3 minute read
Apprentice Praises New High-Tech Facility at Royal Park
from MTA SA November 2024
by Boylen
Apprentice mechanics are benefitting from a $500,000 high-tech expansion at the MTA’s Training & Employment Centre at Royal Park.
The investment is expected to benefit around 900 of the site’s 1100 students each year.
The workshop refurbishment is strongly geared towards the continued uptake of electric vehicles.
“We are positioning to meet the demand for where the industry is moving,” said MTA Skills & Facility manager Lachie Fotheringham.
“When the students come into our facility, we need to get them ready for whatever vehicle’s going to roll in the door of the garage they are working at.
“There are still a lot of petrol vehicles but the way things are escalating, it will become a 50-50 split.
“To have a state-of-the-art workshop, you need to accommodate both.
“We have installed EV chargers and have spent a considerable sum of money just to get enough electricity into that particular workshop.”
Once an old gymnasium floor littered with basketball and netball court lines, the workshop was completely gutted over the Christmas break and refitted with a high-quality epoxy floor, 13 hoists (up from six) and 75-inch screens on the walls.
“The old style of training would see students in the classroom where they’d run through some points on a projector,’” said Lachie.
“Now the trainer might do a little bit of theory in the classroom but then go straight out into the workshop where he can cast his computer onto the wall.
“So essentially we’re taking the training out into the facility and not having students sit in a classroom for five hours a day.”
Apprentice Paige Cole
Paige Cole is one student who couldn’t be more impressed.
“I think this facility engages everyone a lot more,” she said.
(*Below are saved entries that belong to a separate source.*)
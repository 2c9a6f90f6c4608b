-- ===== src/Node/Coordinator.antt =====
-- distributed/cluster_coordinator.go: a change of the cluster, on the node that is told of it first
-- and on those that hear of it from that node. The network, what URLs and
-- bodies carry, and SHA-1 are parameters.
use ryan_cache.Prelude.{
  ℕ, ◌+◌, String, String_discrete, List, [], ◌∷◌, Option, none, some, ite, Result, ok, ◌>>=◌, ltb,
  if◌then◌else◌, length,
}
use ryan_cache.Lru.Heap.Defs.{Ptr}
use ryan_cache.Lru.Defs.{Time}
use ryan_cache.Lru.Batch.{get_all_data}
use ryan_cache.Cluster.Defs.{DistributedCache, get_node_for_key}
use ryan_cache.Cluster.Methods as Cluster
use ryan_cache.Cluster.Methods.{Order, ClusterError}
use ryan_cache.Http.{
  Http, Response, transport_error, response, status_ok, Wire, with_path, CallError, Attempt,
  returned, errored, request_failed, bad_status, no_target, internal_cache, internal_sync_add,
  internal_sync_remove, Route,
}
use ryan_cache.Http
use ryan_cache.Node.Defs.{
  DistributedNode, forwarded, delete_local, add_cluster_node, remove_cluster_node,
}
use ryan_cache.Node.Manager as Manager
use ryan_cache.Node.Manager.{NodeInfo, ClusterManager, is_healthy_status, get_healthy_nodes}

pub record ClusterCoordinator : Type 0 where
  pub node : DistributedNode
  pub cluster : ClusterManager

-- The operations of a change; any other text is refused.
pub data Operation : Type 0 where
  add remove : Operation
  other_operation : String → Operation

pub record NodeChangeRequest : Type 0 where
  pub node_id : String
  pub address : String
  pub operation : Operation

pub data CoordinatorError : Type 0 where
  remove_failed : ClusterError → CoordinatorError
  too_few_nodes : CoordinatorError

-- What one change reads of the clock, and the orders of its loops over maps.
pub record Run : Type 0 where
  pub now : Time
  pub took : ℕ
  pub order : Order
  pub visit_entries : List (String × Ptr) → List (String × Ptr)
  pub visit_pairs : List (String × String) → List (String × String)
  pub visit_nodes : List (String × NodeInfo) → List (String × NodeInfo)

-- `updateMigrationStats`
unfoldable pub update_migration_stats : Time → ℕ → ℕ → DistributedCache → DistributedCache
update_migration_stats now migrated took ring = record ring {
  basic_migration_stats = record {
    migrated_keys = ring.basic_migration_stats.migrated_keys + migrated;
    duration = ring.basic_migration_stats.duration + took;
    last_migration = now;
  };
}

-- `TriggerRebalance` moves nothing yet.
unfoldable pub trigger_rebalance : ClusterCoordinator → Option CoordinatorError
unfolding get_healthy_nodes
trigger_rebalance cc =
    if ltb (length (get_healthy_nodes cc.cluster.nodes)) 2 then some too_few_nodes else none

module _ (sha1 : String → ℕ → ℕ) where
  -- `hashRing.AddNode`, on the ring of the node.
  unfoldable pub grow_ring : Run → String → DistributedNode → Result DistributedNode
  unfolding Cluster.add_node
  grow_ring run id dn = do
    ring ← Cluster.add_node sha1 run.now run.took run.order id dn.hash_ring
    ok (record dn { hash_ring = ring })

  -- `hashRing.RemoveNode`
  unfoldable pub shrink_ring :
      Run → String → DistributedNode → Result (DistributedNode × Option ClusterError)
  unfolding Cluster.remove_node
  shrink_ring run id dn = do
    (ring, failure) ←
        Cluster.remove_node sha1 run.now run.took run.visit_entries run.visit_pairs id dn.hash_ring
    ok (record dn { hash_ring = ring }, failure)

module _ {W : Type 0} (http : Http W) where
  -- `sendNodeChangeRequest`
  unfoldable pub send_node_change_request : String → String → Operation → W → W × Attempt String
  unfolding forwarded
  send_node_change_request address body add w =
      let (w1, reply) =
        http
          (record { verb = Http.post; address = address; route = internal_sync_add; body = body })
          w in
      (w1, forwarded reply)
  send_node_change_request address body remove w =
      let (w1, reply) =
        http
          (record {
            verb = Http.post;
            address = address;
            route = internal_sync_remove;
            body = body;
          })
          w in
      (w1, forwarded reply)
  send_node_change_request address body (other_operation o) w = (w, errored (no_target o))

  -- The loop of `broadcastNodeChange`: the errors, by node. Only healthy nodes are told.
  unfoldable pub broadcast_to :
      String
      → String
      → Operation
      → List (String × NodeInfo)
      → List (String × CallError)
      → W
      → W × List (String × CallError)
  unfolding send_node_change_request
  broadcast_to self body operation [] errors w = (w, errors)
  broadcast_to self body operation ((id, info) ∷ nodes) errors w =
      let skipped = broadcast_to self body operation nodes errors w in
      let (w1, attempt) = send_node_change_request info.address body operation w in
      let told : W × List (String × CallError) = elim attempt [
        | returned b ↦ broadcast_to self body operation nodes errors w1
        | errored e ↦ broadcast_to self body operation nodes ((id, e) ∷ errors) w1
      ] in
      ite (String_discrete id self) skipped
        (if is_healthy_status info.status then told else skipped)

  -- `broadcastNodeChange`
  unfoldable pub broadcast_node_change :
      (NodeChangeRequest → String)
      → (List (String × NodeInfo) → List (String × NodeInfo))
      → NodeChangeRequest
      → ClusterCoordinator
      → W
      → W × List (String × CallError)
  unfolding broadcast_to
  broadcast_node_change change_body visit request cc w =
      broadcast_to cc.node.node_id (change_body request) request.operation (visit cc.cluster.nodes)
        [] w

  module _ (sha1 : String → ℕ → ℕ) (wire : Wire) where
    -- `migrateKeyToNode`
    unfoldable pub migrate_key_to_node : String → String → String → W → W × Attempt String
    unfolding forwarded
    migrate_key_to_node key value address w = with_path wire key w (λ path.
        let (w1, reply) =
          http
            (record {
              verb = Http.put;
              address = address;
              route = internal_cache path;
              body = wire.write_value value;
            })
            w in
        (w1, forwarded reply))

    -- The loop of `performNetworkDataMigration`, with `migratedCount`.
    unfoldable pub migrate_pairs :
        String
        → String
        → List (String × String)
        → ℕ
        → DistributedNode
        → W
        → Result (DistributedNode × W × ℕ)
    unfolding get_node_for_key migrate_key_to_node delete_local
    migrate_pairs new address [] count dn w = ok (dn, w, count)
    migrate_pairs new address ((key, value) ∷ pairs) count dn w =
        let stay = migrate_pairs new address pairs count dn w in
        let (w1, attempt) = migrate_key_to_node key value address w in
        let move : Result (DistributedNode × W × ℕ) = elim attempt [
          | errored e ↦ migrate_pairs new address pairs count dn w1
          | returned b ↦ do
            dn1 ← delete_local key dn
            migrate_pairs new address pairs (count + 1) dn1 w1
        ] in
        get_node_for_key sha1 key dn.hash_ring >>= λ target.
        ite (String_discrete target new) move stay

    -- `performNetworkDataMigration`
    unfoldable pub perform_network_data_migration :
        Run → String → String → DistributedNode → W → Result (DistributedNode × W)
    unfolding get_all_data migrate_pairs update_migration_stats
    perform_network_data_migration run new address dn w = do
      all ← get_all_data (λ key. run.now) (run.visit_entries dn.local_cache.cache) dn.local_cache
      (dn1, w1, migrated) ← migrate_pairs new address (run.visit_pairs all) 0 dn w
      ok (
        record dn1 { hash_ring = update_migration_stats run.now migrated run.took dn1.hash_ring },
        w1,
      )

    -- `SyncAddNode`
    unfoldable pub sync_add_node :
        Run → String → String → ClusterCoordinator → W → Result (ClusterCoordinator × W)
    unfolding add_cluster_node grow_ring perform_network_data_migration Manager.add_node
    sync_add_node run id address cc w = do
      dn ← add_cluster_node id address cc.node
      dn1 ← grow_ring sha1 run id dn
      (dn2, w1) ← perform_network_data_migration run id address dn1 w
      ok (record { node = dn2; cluster = Manager.add_node run.now id address cc.cluster }, w1)

    -- `SyncRemoveNode`
    unfoldable pub sync_remove_node :
        Run → String → ClusterCoordinator → Result (ClusterCoordinator × Option CoordinatorError)
    unfolding shrink_ring Manager.remove_node
    sync_remove_node run id cc = do
      (dn1, failure) ← shrink_ring sha1 run id cc.node
      elim failure [
        | some e ↦ ok (record cc { node = dn1 }, some (remove_failed e))
        | none ↦ ok (
          record { node = remove_cluster_node id dn1; cluster = Manager.remove_node id cc.cluster },
          none,
        )
      ]

    module _ (change_body : NodeChangeRequest → String) where
      -- `AddNodeToCluster`; an error of the broadcast is only logged.
      unfoldable pub add_node_to_cluster :
          Run → String → String → ClusterCoordinator → W → Result (ClusterCoordinator × W)
      unfolding grow_ring perform_network_data_migration Manager.add_node broadcast_node_change
      add_node_to_cluster run id address cc w = do
        dn1 ← grow_ring sha1 run id cc.node
        (dn2, w1) ← perform_network_data_migration run id address dn1 w
        let cc1 : ClusterCoordinator = record {
          node = dn2;
          cluster = Manager.add_node run.now id address cc.cluster;
        }
        let request : NodeChangeRequest = record {
          node_id = id;
          address = address;
          operation = add;
        }
        let (w2, errors) = broadcast_node_change change_body run.visit_nodes request cc1 w1
        ok (cc1, w2)

      -- `RemoveNodeFromCluster`
      unfoldable pub remove_node_from_cluster :
          Run
          → String
          → ClusterCoordinator
          → W
          → Result (ClusterCoordinator × W × Option CoordinatorError)
      unfolding shrink_ring Manager.remove_node broadcast_node_change
      remove_node_from_cluster run id cc w = do
        (dn1, failure) ← shrink_ring sha1 run id cc.node
        elim failure [
          | some e ↦ ok (record cc { node = dn1 }, w, some (remove_failed e))
          | none ↦
              let cc1 : ClusterCoordinator = record {
                node = dn1;
                cluster = Manager.remove_node id cc.cluster;
              } in
              let request : NodeChangeRequest = record {
                node_id = id;
                address = "";
                operation = remove;
              } in
              let (w1, errors) = broadcast_node_change change_body run.visit_nodes request cc1 w in
              ok (cc1, w1, none)
        ]
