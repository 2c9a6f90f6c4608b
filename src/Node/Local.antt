-- ===== src/Node/Local.antt =====
-- The entries of a local cache, and what a deletion does to them.
use ryan_cache.Prelude.{
  ◌≡◌, sym, ap, subst, ◌∙◌, String, String_discrete, Bool, Option, none, ite, arith, ok, inl, inr,
  Option-cases,
}
use ryan_cache.GoMap.{lookup, lookup-delete}
use ryan_cache.Lru.Defs.{LruCache}
use ryan_cache.Lru.Methods
use ryan_cache.Lru.Model
use ryan_cache.Lru.Model.{View, view, IsValid}
use ryan_cache.Lru.Refine.Deletion.{delete_key-refines}
use ryan_cache.Lru.Model.Valid.{delete_key-IsValid}
use ryan_cache.Cluster.Service.{IsPlain}
use ryan_cache.Cluster.Plain.{IsBare, delete_key-IsBare}

-- What a plain cache holds under a key.
abbrev pub held : (c : LruCache) → IsPlain c → String → Option String
held c p k = lookup String_discrete k (view c p.nodes).items

lookup-model :
    (k j : String) (v : View)
    → lookup String_discrete j (Model.delete_key k v).0.items
      ≡ ite (String_discrete k j) none (lookup String_discrete j v.items)
unfolding Model.delete_key
lookup-model k j v = elim (Option-cases (lookup String_discrete k v.items)) [
  | inl e ↦ ground (arith, e)
  | inr (x, e) ↦ ground (arith, e, lookup-delete String_discrete k j v.items)
]

-- A deletion ends, leaves a plain cache, and takes out its key alone.
pub delete_key-held :
    (k : String) (c : LruCache) (p : IsPlain c)
    → (c1 : LruCache) × (found : Bool) × (p1 : IsPlain c1) × (Methods.delete_key k c
        ≡ ok (c1, found))
      × ((j : String) → held c1 p1 j ≡ ite (String_discrete k j) none (held c p j))
delete_key-held k c p =
    let (c1, ys, ran, r, w) = delete_key-refines c p.nodes k p.reps p.valid in
    let bare =
      subst {A = View} IsBare (sym w)
        (delete_key-IsBare k (view c p.nodes) (p.no_expiry, p.no_limit)) in
    (
      c1,
      _,
      record {
        nodes = ys;
        reps = r;
        valid = subst {A = View} IsValid (sym w) (delete_key-IsValid k _ p.valid);
        no_expiry = bare.0;
        no_limit = bare.1;
      },
      ran,
      λ j.
          ap {A = View} (λ u. lookup String_discrete j u.items) w
          ∙ lookup-model k j (view c p.nodes),
    )
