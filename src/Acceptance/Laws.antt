-- ===== src/Acceptance/Laws.antt =====
-- What a release does to the cursors and to the count of outstanding invites.
use linkedin_outreach_agent.Prelude.{
  ◌≡◌, refl, sym, ap, ◌∙◌, subst, ◌⊎◌, inl, inr, Option, none, some, List, find_row, set_row,
  Option-cases, arith,
}
use linkedin_outreach_agent.Domain.{
  UserId, Time, Text, TargetRow, TargetProgressRow, TargetStage, AccountSchedule, ActionType,
  CampaignStepRow,
}
use linkedin_outreach_agent.Counters.Live.{release_invite}
use linkedin_outreach_agent.Dispatch.Advance.{advance_after_step}
use linkedin_outreach_agent.Dispatch.World.{next_action_type}
use linkedin_outreach_agent.Effects.{
  Step, Answer, Answer-cases, Failure, returned, threw, not_found, bind_cases, then_eq, bind_eq,
  then_stop_eq, bind_stop_eq, ret, ◌>>=◌, ◌>>◌,
}
use linkedin_outreach_agent.Store.{Store}
use linkedin_outreach_agent.Store.Sequence.{
  Patch, find_progress, apply_patch, advance_target_progress, enabled_steps, list_campaign_steps,
}
use linkedin_outreach_agent.Store.Tables.{find_target, set_stage, merge_external_context}
use linkedin_outreach_agent.Store.Lookups.{find_after_stage, patch_found, stage_found}
use linkedin_outreach_agent.Acceptance.{
  AcceptedConnection, AcceptanceOutcome, Network, AcceptanceDeps, find_accepted, lead_name, change,
  look, invite_accepted, refresh_truncated_name, accepted_schedule, leave_parked, accept, release,
  name_or, outcome_of, step_or_zero, still_waiting,
}

stage_absent :
    (s : Store) (id : UserId)
    → find_target s id ≡ none
    → set_stage s id TargetStage.connected ≡ none
unfolding set_stage
stage_absent s id h = rw (set_stage, h)
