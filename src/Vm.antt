-- ===== src/Vm.antt =====
-- The memory and the CPU of the virtual machine: common/src/vm.rs.
pub mod Error
pub mod Memory
pub mod Segment
pub mod Cpu
pub mod Alu
pub mod Arm
pub mod Execute
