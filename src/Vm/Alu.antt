-- ===== src/Vm/Alu.antt =====
-- The arithmetic of `Cpu::execute` in common/src/vm.rs, on 32-bit patterns.
pub mod Unsigned
pub mod Division
mod Examples
use vanadium.Prelude.{
  ℕ, ◌+◌, ◌-◌, ◌*◌, ◌/◌, ◌%◌, ◌^◌, Bool, ltb, leb, ◌==◌, not, bit_and, if◌then◌else◌,
}
use vanadium.Word.{u32, shl32, shr32, sar32, lt_signed}

abbrev as_u32 : Bool → ℕ
as_u32 b = if b then 1 else 0

pub sll : ℕ → ℕ → ℕ
sll a b = shl32 a (bit_and b 0x1f)

pub srl : ℕ → ℕ → ℕ
srl a b = shr32 a (bit_and b 0x1f)

pub sra : ℕ → ℕ → ℕ
sra a b = sar32 a (bit_and b 0x1f)

pub slt : ℕ → ℕ → ℕ
slt a b = as_u32 (lt_signed a b)

pub sltu : ℕ → ℕ → ℕ
sltu a b = as_u32 (ltb a b)

-- `a as i32 as i64` and `a as i32 as i64 as i128`, as patterns.
abbrev pub as_i64 : ℕ → ℕ
as_i64 a = if ltb a (2 ^ 31) then a else a + 2 ^ 64 - 2 ^ 32

abbrev pub as_i128 : ℕ → ℕ
as_i128 a = if ltb a (2 ^ 31) then a else a + 2 ^ 128 - 2 ^ 32

pub mulh : ℕ → ℕ → ℕ
mulh a b = u32 (as_i64 a * as_i64 b % 2 ^ 64 / 2 ^ 32)

pub mulhsu : ℕ → ℕ → ℕ
mulhsu a b = u32 (as_i128 a * b % 2 ^ 128 / 2 ^ 32)

pub mulhu : ℕ → ℕ → ℕ
mulhu a b = u32 (a * b / 2 ^ 32)

-- i32::wrapping_div and i32::wrapping_rem round towards zero: the magnitudes are divided, and the
-- signs put back.
abbrev pub is_negative : ℕ → Bool
is_negative a = leb (2 ^ 31) a

abbrev pub magnitude : ℕ → ℕ
magnitude a = if is_negative a then 2 ^ 32 - a else a

abbrev pub negate_if : Bool → ℕ → ℕ
negate_if s n = if s then (2 ^ 32 - n) % 2 ^ 32 else n

abbrev pub differ : Bool → Bool → Bool
differ s t = if s then not t else t

pub wrapping_div : ℕ → ℕ → ℕ
wrapping_div a b = negate_if (differ (is_negative a) (is_negative b)) (magnitude a / magnitude b)

pub wrapping_rem : ℕ → ℕ → ℕ
wrapping_rem a b = negate_if (is_negative a) (magnitude a % magnitude b)

pub div : ℕ → ℕ → ℕ
div a b = if b == 0 then 0xffffffff else wrapping_div a b

pub divu : ℕ → ℕ → ℕ
divu a b = if b == 0 then 0xffffffff else a / b

pub rem : ℕ → ℕ → ℕ
rem a b = if b == 0 then a else wrapping_rem a b

pub remu : ℕ → ℕ → ℕ
remu a b = if b == 0 then a else a % b

-- min and max of the AMO instructions.
pub min_signed : ℕ → ℕ → ℕ
min_signed a b = if lt_signed b a then b else a

pub max_signed : ℕ → ℕ → ℕ
max_signed a b = if lt_signed b a then a else b

pub min_unsigned : ℕ → ℕ → ℕ
min_unsigned a b = if ltb b a then b else a

pub max_unsigned : ℕ → ℕ → ℕ
max_unsigned a b = if ltb b a then a else b
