-- ===== src/Vm/Alu/Division.antt =====
-- The divisions of common/src/vm.rs: DIV and REM on signed words, DIVU and REMU on unsigned ones.
use native.Mathlib.Nat.{div-add-mod', mod-lt, div-le_self, mod-le, mul-le-mul_left}
use native.Mathlib.Decide.{dec_lt}
use vanadium.Prelude.{
  ℕ, zero, suc, ◌+◌, ◌*◌, ◌-◌, ◌/◌, ◌%◌, ◌^◌, ◌<◌, ◌≤◌, ==_of_ne, ◌≡◌, ◌⊎◌, refl, sym, inl, inr,
  arith, Bool, true, false,
}
use vanadium.Word.{IsU32}
use vanadium.Vm.Alu.{
  div, rem, divu, remu, wrapping_div, wrapping_rem, is_negative, magnitude, negate_if, differ,
}

-- The quotient is negative where the signs differ. The one that no word holds, of -2^31 by -1, wraps
-- around.
abbrev pub QuotientSign : ℕ → ℕ → ℕ → ℕ → Type 0
QuotientSign a b q r =
    (q ≡ 0)
    ⊎ (is_negative q ≡ differ (is_negative a) (is_negative b))
    ⊎ ((a ≡ 2 ^ 31) × (b ≡ 2 ^ 32 - 1) × (q ≡ 2 ^ 31) × (r ≡ 0))

-- The quotient and the remainder of two signed words, by magnitudes and signs: the quotient is
-- rounded towards zero, and the remainder has the sign of the dividend.
pub record IsSignedQuotient (a b q r : ℕ) : Type 0 where
  pub magnitudes : magnitude a ≡ magnitude q * magnitude b + magnitude r
  pub small : magnitude r < magnitude b
  pub remainder_sign : (r ≡ 0) ⊎ (is_negative r ≡ is_negative a)
  pub quotient_sign : QuotientSign a b q r

pub record IsQuotient (a b q r : ℕ) : Type 0 where
  pub sum : a ≡ q * b + r
  pub small : r < b

-- What the manual asks of a divisor 0: all bits of the quotient are set, and the remainder is the
-- dividend.
pub record IsByZero (a b q r : ℕ) : Type 0 where
  pub divisor : b ≡ 0
  pub quotient : q ≡ 2 ^ 32 - 1
  pub remainder : r ≡ a

magnitude_bound : (a : ℕ) → IsU32 a → magnitude a ≤ 2 ^ 31
magnitude_bound a h = ground arith

magnitude_pos : (b : ℕ) → IsU32 b → 0 < b → 0 < magnitude b
magnitude_pos b u h = ground arith

magnitude-negate_if : (s : Bool) (n : ℕ) → n ≤ 2 ^ 31 → magnitude (negate_if s n) ≡ n
magnitude-negate_if true n h = ground arith
magnitude-negate_if false n h = ground arith

sign_of_remainder :
    (s : Bool) (n : ℕ) → n < 2 ^ 31 → (negate_if s n ≡ 0) ⊎ (is_negative (negate_if s n) ≡ s)
sign_of_remainder true zero h = inl refl
sign_of_remainder true (suc n) h = inr (ground arith)
sign_of_remainder false n h = inr (ground arith)

-- Only -2^31 by 1 and by -1 has a quotient of this magnitude.
extreme : (m d : ℕ) → m ≤ 2 ^ 31 → 0 < d → 2 ^ 31 ≤ m / d → (m ≡ 2 ^ 31) × (d ≡ 1)
extreme m d h k e =
    let parts = div-add-mod' m d in
    let once : m / d * 1 ≤ m / d * d = mul-le-mul_left (m / d) (omega arith) in
    elim (dec_lt 1 d) [
      | yes two ↦
          let twice : m / d * 2 ≤ m / d * d = mul-le-mul_left (m / d) (omega arith) in
          absurd (omega arith)
      | no small ↦ (omega arith, omega arith)
    ]

-- The words of magnitude 2^31 and 1.
magnitude_31 : (a : ℕ) → IsU32 a → magnitude a ≡ 2 ^ 31 → a ≡ 2 ^ 31
magnitude_31 a h e = ground arith

magnitude_1 : (b : ℕ) → IsU32 b → magnitude b ≡ 1 → (b ≡ 1) ⊎ (b ≡ 2 ^ 32 - 1)
magnitude_1 b h e = ground arith

extreme_sign :
    (a b : ℕ)
    → a ≡ 2 ^ 31
    → (b ≡ 1) ⊎ (b ≡ 2 ^ 32 - 1)
    → QuotientSign a b (wrapping_div a b) (wrapping_rem a b)
unfolding wrapping_div wrapping_rem
extreme_sign a b e (inl e') = rw (e, e') (inr (inl refl))
extreme_sign a b e (inr e') = rw (e, e') (inr (inr (refl, refl, refl, refl)))

sign_of_quotient :
    (a b : ℕ) → IsU32 a → IsU32 b → 0 < b → QuotientSign a b (wrapping_div a b) (wrapping_rem a b)
unfolding wrapping_div
sign_of_quotient a b ha hb h = elim (dec_lt (magnitude a / magnitude b) (2 ^ 31)) [
  | yes small ↦ by_sign (sign_of_remainder (differ (is_negative a) (is_negative b)) _ small)
  | no large ↦
      let (ea, eb) =
        extreme (magnitude a) (magnitude b) (magnitude_bound a ha) (magnitude_pos b hb h)
          (omega arith) in
      extreme_sign a b (magnitude_31 a ha ea) (magnitude_1 b hb eb)
]
  where
    by_sign :
        (wrapping_div a b ≡ 0)
          ⊎ (is_negative (wrapping_div a b) ≡ differ (is_negative a) (is_negative b))
        → QuotientSign a b (wrapping_div a b) (wrapping_rem a b)
    by_sign (inl e) = inl e
    by_sign (inr e) = inr (inl e)

signed_case :
    (a b : ℕ)
    → IsU32 a
    → IsU32 b
    → 0 < b
    → IsSignedQuotient a b (wrapping_div a b) (wrapping_rem a b)
unfolding wrapping_div wrapping_rem
signed_case a b ha hb h =
    let positive = magnitude_pos b hb h in
    let bound = magnitude_bound a ha in
    let q =
      magnitude-negate_if (differ (is_negative a) (is_negative b)) (magnitude a / magnitude b)
        (omega (arith, div-le_self (magnitude a) (magnitude b))) in
    let r =
      magnitude-negate_if (is_negative a) (magnitude a % magnitude b)
        (omega (arith, mod-le (magnitude a) (magnitude b))) in
    record {
      magnitudes = rw (q, r) (sym (div-add-mod' (magnitude a) (magnitude b)));
      small = rw r (mod-lt (magnitude a) positive);
      remainder_sign =
          sign_of_remainder (is_negative a) _
            (omega (arith, mod-lt (magnitude a) positive, magnitude_bound b hb));
      quotient_sign = sign_of_quotient a b ha hb h;
    }

-- For 32-bit words: DIV and REM, and DIVU and REMU, give for a divisor 0 the quotient with all bits
-- set and the dividend as remainder; for any other divisor, DIVU and REMU give the quotient and the
-- remainder, and DIV and REM those of the signed words, rounded towards zero, with a remainder of
-- the sign of the dividend, where only the quotient of -2^31 by -1 wraps around.
pub div-IsSignedQuotient :
    (a b : ℕ)
    → IsU32 a
    → IsU32 b
    → (IsByZero a b (div a b) (rem a b) ⊎ IsSignedQuotient a b (div a b) (rem a b))
      × (IsByZero a b (divu a b) (remu a b) ⊎ IsQuotient a b (divu a b) (remu a b))
unfolding div rem divu remu
div-IsSignedQuotient a b ha hb = elim (dec_lt 0 b) [
  | yes h ↦ rw (==_of_ne b 0 (omega arith)) (
    inr (signed_case a b ha hb h),
    inr (record { sum = sym (div-add-mod' a b); small = mod-lt a h }),
  )
  | no h ↦ by_zero b (omega arith)
]
  where
    by_zero :
        (b : ℕ)
        → b ≡ 0
        → (IsByZero a b (div a b) (rem a b) ⊎ IsSignedQuotient a b (div a b) (rem a b))
          × (IsByZero a b (divu a b) (remu a b) ⊎ IsQuotient a b (divu a b) (remu a b))
    by_zero b e = rw e (
      inl (record { divisor = refl; quotient = refl; remainder = refl }),
      inl (record { divisor = refl; quotient = refl; remainder = refl }),
    )
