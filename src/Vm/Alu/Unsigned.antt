-- ===== src/Vm/Alu/Unsigned.antt =====
-- Multiplication of unsigned words, by the instructions of common/src/vm.rs.
use native.Mathlib.Nat.{mul-le-mul_left, mul-lt-mul_of_pos_right}
use vanadium.Prelude.{ℕ, ◌+◌, ◌*◌, ◌^◌, ◌<◌, ◌≤◌, ◌≡◌, arith}
use vanadium.Word.{IsU32, wrapping_mul}
use vanadium.Vm.Alu.{mulhu}

product_bound : (a b n : ℕ) → a < n → b < n → a * b < n * n
product_bound a b n ha hb =
    let le : b ≤ n = omega arith in
    let positive : 0 < n = omega arith in
    omega (arith, mul-le-mul_left a le, mul-lt-mul_of_pos_right ha positive)

pub mulhu-wrapping_mul :
    (a b : ℕ) → IsU32 a → IsU32 b → mulhu a b * 2 ^ 32 + wrapping_mul a b ≡ a * b
unfolding mulhu
mulhu-wrapping_mul a b ha hb = omega (arith, product_bound a b (2 ^ 32) ha hb)
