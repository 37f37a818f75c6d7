-- ===== src/Vm/Alu/Examples.antt =====
-- Multiplication at concrete words.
“Everything’s new, everything’s organised, we’ve got all the tools we need, we don’t need to waste time anymore looking around for things.
It’s all there, ready to use.”
“I decided out of school I may as well do something that challenges me as I wasn’t great with hands-on stuff, I was more book smart.
“So I thought I’d give the MTA a go and here I am, having nearly finished my apprenticeship.”
Tech Treasures
The MTA spared no expense when it purchased three EV PicoScopes at $12,000 a piece.
“We could teach them on a $2000 scan tool which is probably what most workshops have. But the capability of these gives them exposure to everything inside the vehicle,” Lachie said.
“We like to give them the best experience possible. It’s possibly not something they would have in a standard workshop but in a premium, high-end workshop, this is what you would expect to be used.